NUMERO : N° 70 – Mars Avril 2017 – Produits Grande Consommation

Vers la reconnaissance officielle de l’agriculture biologique

Cette période pré-électorale nous rappelle celle que les anciens ont vécue il y a une quarantaine d’années. À cette époque, l’agriculture biologique, bien qu’étant de plus en plus présente sur le terrain, n’était pas encore reconnue officiellement : tous ses acteurs étaient donc mobilisés vers cet objectif. Un journaliste Jean Hainaux, spécialiste des questions agricoles nous rapporte ses impressions suite au Congrès organisé par l’Association « Nature et Progrès » à Bordeaux en 1977.
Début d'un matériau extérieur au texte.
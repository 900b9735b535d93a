-- ===== src/Api/Laws.antt =====
-- What the system calls do.
pub mod Break
pub mod Copy
pub mod Print
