-- ===== src/Api/Laws/Break.antt =====
-- `brk` and `sbrk` (simulator/api/brk.c).
use cvm.Base.{ℕ, ◌+◌, ◌-◌, ◌%◌, ◌^◌, ◌≤◌, ◌<◌, ◌≡◌, arith, ap, ◌∙◌, false, leb, if◌then◌else◌}
use cvm.Base.Int.{pos, sub_ℕ, leb_ℤ}
use cvm.Base.Word.{u32}
use cvm.Mem.{Memory, size}
use cvm.Vm.{Vm, abi_func_set_return}
use cvm.Api.Brk.{set_brk, brk_to, sbrk_by}

inside : (m : Memory) (addr : ℕ) → m.start ≤ m.end → leb m.end (m.start + addr) ≡ leb (size m) addr
inside m addr order = ground arith

-- `brk` moves the break exactly to an address inside the block and returns 0; for any other
-- address it returns -1 and leaves the break alone.
brk_to_lem :
    (vm : Vm) (addr : ℕ)
    → vm.mem.start ≤ vm.mem.end
    → brk_to addr vm ≡ (
        if leb (size vm.mem) addr
        then abi_func_set_return vm (2 ^ 32 - 1)
        else abi_func_set_return (set_brk vm addr) 0)
unfolding brk_to
brk_to_lem vm addr order =
    ap
      (λ b.
        if b then abi_func_set_return vm (2 ^ 32 - 1) else abi_func_set_return (set_brk vm addr) 0)
      (inside vm.mem addr order)

far_off :
    (end brk incr : ℕ)
    → incr < 2 ^ 32
    → brk + 2 ^ 32 ≤ end
    → leb_ℤ (sub_ℕ end brk) (pos incr) ≡ false
far_off end brk incr small far = ground arith

-- `sbrk` does not fail where the end of the block, as a host address, is at least `2 ^ 32` above
-- the break: it gives the old break and moves the break, past the end of the block if need be.
pub sbrk_by_lem :
    (vm : Vm) (incr : ℕ)
    → incr < 2 ^ 32
    → vm.mem.brk + 2 ^ 32 ≤ vm.mem.end
    → vm.mem.brk + 2 ^ 32 < 2 ^ 64
    → sbrk_by incr vm ≡ abi_func_set_return (set_brk vm (vm.mem.brk + incr)) (u32 vm.mem.brk)
unfolding sbrk_by
sbrk_by_lem vm incr small far room =
    ap
      (λ b.
        if b
        then abi_func_set_return vm (2 ^ 32 - 1)
        else abi_func_set_return (set_brk vm ((vm.mem.brk + incr) % 2 ^ 64)) (u32 vm.mem.brk))
      (far_off vm.mem.end vm.mem.brk incr small far)
    ∙ ap (λ b. abi_func_set_return (set_brk vm b) (u32 vm.mem.brk))
        {x = (vm.mem.brk + incr) % 2 ^ 64} {y = vm.mem.brk + incr} (omega arith)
Reprenons ci-après les lignes qu’il a écrites dans «  La Nouvelle République du Centre Ouest » du 13 décembre 1977 : à son  retour de ce congrès qui lui a permis de nombreux contacts et échanges de vues sur l’agriculture biologique et son actualité d’alors.

Vers une reconnaissance officielle de l’agriculture biologique ?
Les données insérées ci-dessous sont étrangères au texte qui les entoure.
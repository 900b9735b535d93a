-- ===== src/Mem/Laws.antt =====
-- A load after a store, at the same place and at others, for the three widths.
use cvm.Base.{ℕ, ◌+◌, ◌/◌, ◌^◌, ◌≤◌, ◌<◌, ◌≡◌, refl, ◌⊎◌, arith, le→leb, ap}
use cvm.Base.Int.{ℤ, pos, negsuc}
use cvm.Outcome.{ok, ◌>>=◌, Ensures, returns, Ensures-map, check}
use cvm.Mem.{
  Memory, size, place, byte, half, word, set_byte, set_half, set_word, load8, load16, load32,
  store8, store16, store32, IsMemory,
}

pub byte-set_byte : (m : Memory) (a v : ℕ) → v < 2 ^ 8 → byte (set_byte m a v) a ≡ v
byte-set_byte m a v h = ground arith

pub half-set_half : (m : Memory) (a v : ℕ) → v < 2 ^ 16 → half (set_half m a v) a ≡ v
half-set_half m a v h = ground arith

pub word-set_word : (m : Memory) (a v : ℕ) → v < 2 ^ 32 → word (set_word m a v) a ≡ v
word-set_word m a v h = ground arith

-- A store leaves the bytes outside its own alone.
pub set_word_frame :
    (m : Memory) (a v b : ℕ) → (b < a) ⊎ (a + 4 ≤ b) → (set_word m a v).bytes b ≡ m.bytes b
set_word_frame m a v b h = ground arith

set_half_frame :
    (m : Memory) (a v b : ℕ) → (b < a) ⊎ (a + 2 ≤ b) → (set_half m a v).bytes b ≡ m.bytes b
set_half_frame m a v b h = ground arith

word-lt : (m : Memory) (a : ℕ) → IsMemory m → word m a < 2 ^ 32
word-lt m a h = omega (arith, h a, h (a + 1), h (a + 2), h (a + 3))

half-lt : (m : Memory) (a : ℕ) → IsMemory m → half m a < 2 ^ 16
half-lt m a h = omega (arith, h a, h (a + 1))

pub set_byte-IsMemory : (m : Memory) (a v : ℕ) → IsMemory m → IsMemory (set_byte m a v)
set_byte-IsMemory m a v h b = ground (arith, h b)

set_half-IsMemory : (m : Memory) (a v : ℕ) → IsMemory m → IsMemory (set_half m a v)
set_half-IsMemory m a v h =
    set_byte-IsMemory (set_byte m a v) (a + 1) (v / 2 ^ 8) (set_byte-IsMemory m a v h)

set_word-IsMemory : (m : Memory) (a v : ℕ) → IsMemory m → IsMemory (set_word m a v)
set_word-IsMemory m a v h =
    set_half-IsMemory (set_half m a v) (a + 2) (v / 2 ^ 16) (set_half-IsMemory m a v h)

-- The same block, with bytes in it.
pub record Keeps (m m' : Memory) : Type 0 where
  pub same_start : m'.start ≡ m.start
  pub same_end : m'.end ≡ m.end
  pub same_brk : m'.brk ≡ m.brk
  pub is_memory : IsMemory m'

module _ (m : Memory) (p : ℤ) (h : IsMemory m) where
  pub load8-lt : Ensures (λ v. v < 2 ^ 8) (load8 m p)
  unfolding load8
  load8-lt = Ensures-map (place m p 1) (λ a. returns (h a))

  pub load16-lt : Ensures (λ v. v < 2 ^ 16) (load16 m p)
  unfolding load16
  load16-lt = Ensures-map (place m p 2) (λ a. returns (half-lt m a h))

  pub load32-lt : Ensures (λ v. v < 2 ^ 32) (load32 m p)
  unfolding load32
  load32-lt = Ensures-map (place m p 4) (λ a. returns (word-lt m a h))

  pub store8-Keeps : (v : ℕ) → Ensures (Keeps m) (store8 m p v)
  unfolding store8
  store8-Keeps v = Ensures-map (place m p 1) (λ a. returns (record {
    same_start = refl;
    same_end = refl;
    same_brk = refl;
    is_memory = set_byte-IsMemory m a v h;
  }))

  pub store16-Keeps : (v : ℕ) → Ensures (Keeps m) (store16 m p v)
  unfolding store16
  store16-Keeps v = Ensures-map (place m p 2) (λ a. returns (record {
    same_start = refl;
    same_end = refl;
    same_brk = refl;
    is_memory = set_half-IsMemory m a v h;
  }))

  pub store32-Keeps : (v : ℕ) → Ensures (Keeps m) (store32 m p v)
  unfolding store32
  store32-Keeps v = Ensures-map (place m p 4) (λ a. returns (record {
    same_start = refl;
    same_end = refl;
    same_brk = refl;
    is_memory = set_word-IsMemory m a v h;
  }))

-- A place is had exactly when the access lies in the block.
pub place_pos : (m : Memory) (a n : ℕ) → a + n ≤ size m → place m (pos a) n ≡ ok a
unfolding place check
place_pos m a n h = rw (le→leb (a + n) (size m) h)

place_inv :
    (m : Memory) (p : ℤ) (n : ℕ) {a : ℕ} → place m p n ≡ ok a → (p ≡ pos a) × (a + n ≤ size m)
unfolding place check
place_inv m (pos b) n h = ground arith
place_inv m (negsuc b) n h = cc

-- A word that was stored at a place in the block is the word that is loaded from there.
load32-store32 :
    (m : Memory) (a v : ℕ)
    → v < 2 ^ 32
    → a + 4 ≤ size m
    → (store32 m (pos a) v >>= λ m'. load32 m' (pos a)) ≡ ok v
unfolding load32 store32
load32-store32 m a v h fits =
    rw (place_pos m a 4 fits, place_pos (set_word m a v) a 4 fits) (ap ok (word-set_word m a v h))

-- Accesses at a place in the block go through.
module _ (m : Memory) (a : ℕ) where
  pub load32_pos : a + 4 ≤ size m → load32 m (pos a) ≡ ok (word m a)
  unfolding load32
  load32_pos fits = rw (place_pos m a 4 fits)

  pub load16_pos : a + 2 ≤ size m → load16 m (pos a) ≡ ok (half m a)
  unfolding load16
  load16_pos fits = rw (place_pos m a 2 fits)

  pub load8_pos : a + 1 ≤ size m → load8 m (pos a) ≡ ok (byte m a)
  unfolding load8
  load8_pos fits = rw (place_pos m a 1 fits)

  pub store32_pos : (v : ℕ) → a + 4 ≤ size m → store32 m (pos a) v ≡ ok (set_word m a v)
  unfolding store32
  store32_pos v fits = rw (place_pos m a 4 fits)

  pub store16_pos : (v : ℕ) → a + 2 ≤ size m → store16 m (pos a) v ≡ ok (set_half m a v)
  unfolding store16
  store16_pos v fits = rw (place_pos m a 2 fits)

  pub store8_pos : (v : ℕ) → a + 1 ≤ size m → store8 m (pos a) v ≡ ok (set_byte m a v)
  unfolding store8
  store8_pos v fits = rw (place_pos m a 1 fits)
Il a été beaucoup question au congrès de « Nature et Progrès » (l’une des associations les plus importantes d’agriculture biologique), qui s’est tenu à Bordeaux, d’une reconnaissance officielle de l’agriculture biologique.

De quoi s’agit-il ?

C’est le Centre des Démocrates Sociaux (C.D.S.), parti auquel appartient M. Pierre Méhaignerie, ministre de l’Agriculture, qui est à l’origine de l’affaire en déposant un projet de loi visant à cette reconnaissance assortie évidemment de certaines conditions qu’il conviendra d’examiner attentivement avant de dire si l’intérêt de la reconnaissance l’emporte sur les contraintes qu’elle entraîne. D’aucuns remarqueront que nous sommes en période pré-électorale et que chaque parti tente de racoler la clientèle. Pour notre part, cette objection n’a guère d’importance et nous dirons qu’il n’était pas interdit à des partis plus importants que la formation centriste d’y penser plus tôt. Nous aurions accueilli avec autant d’intérêt cette initiative si elle était venue du P.C., du P.S. ou du R.P.R.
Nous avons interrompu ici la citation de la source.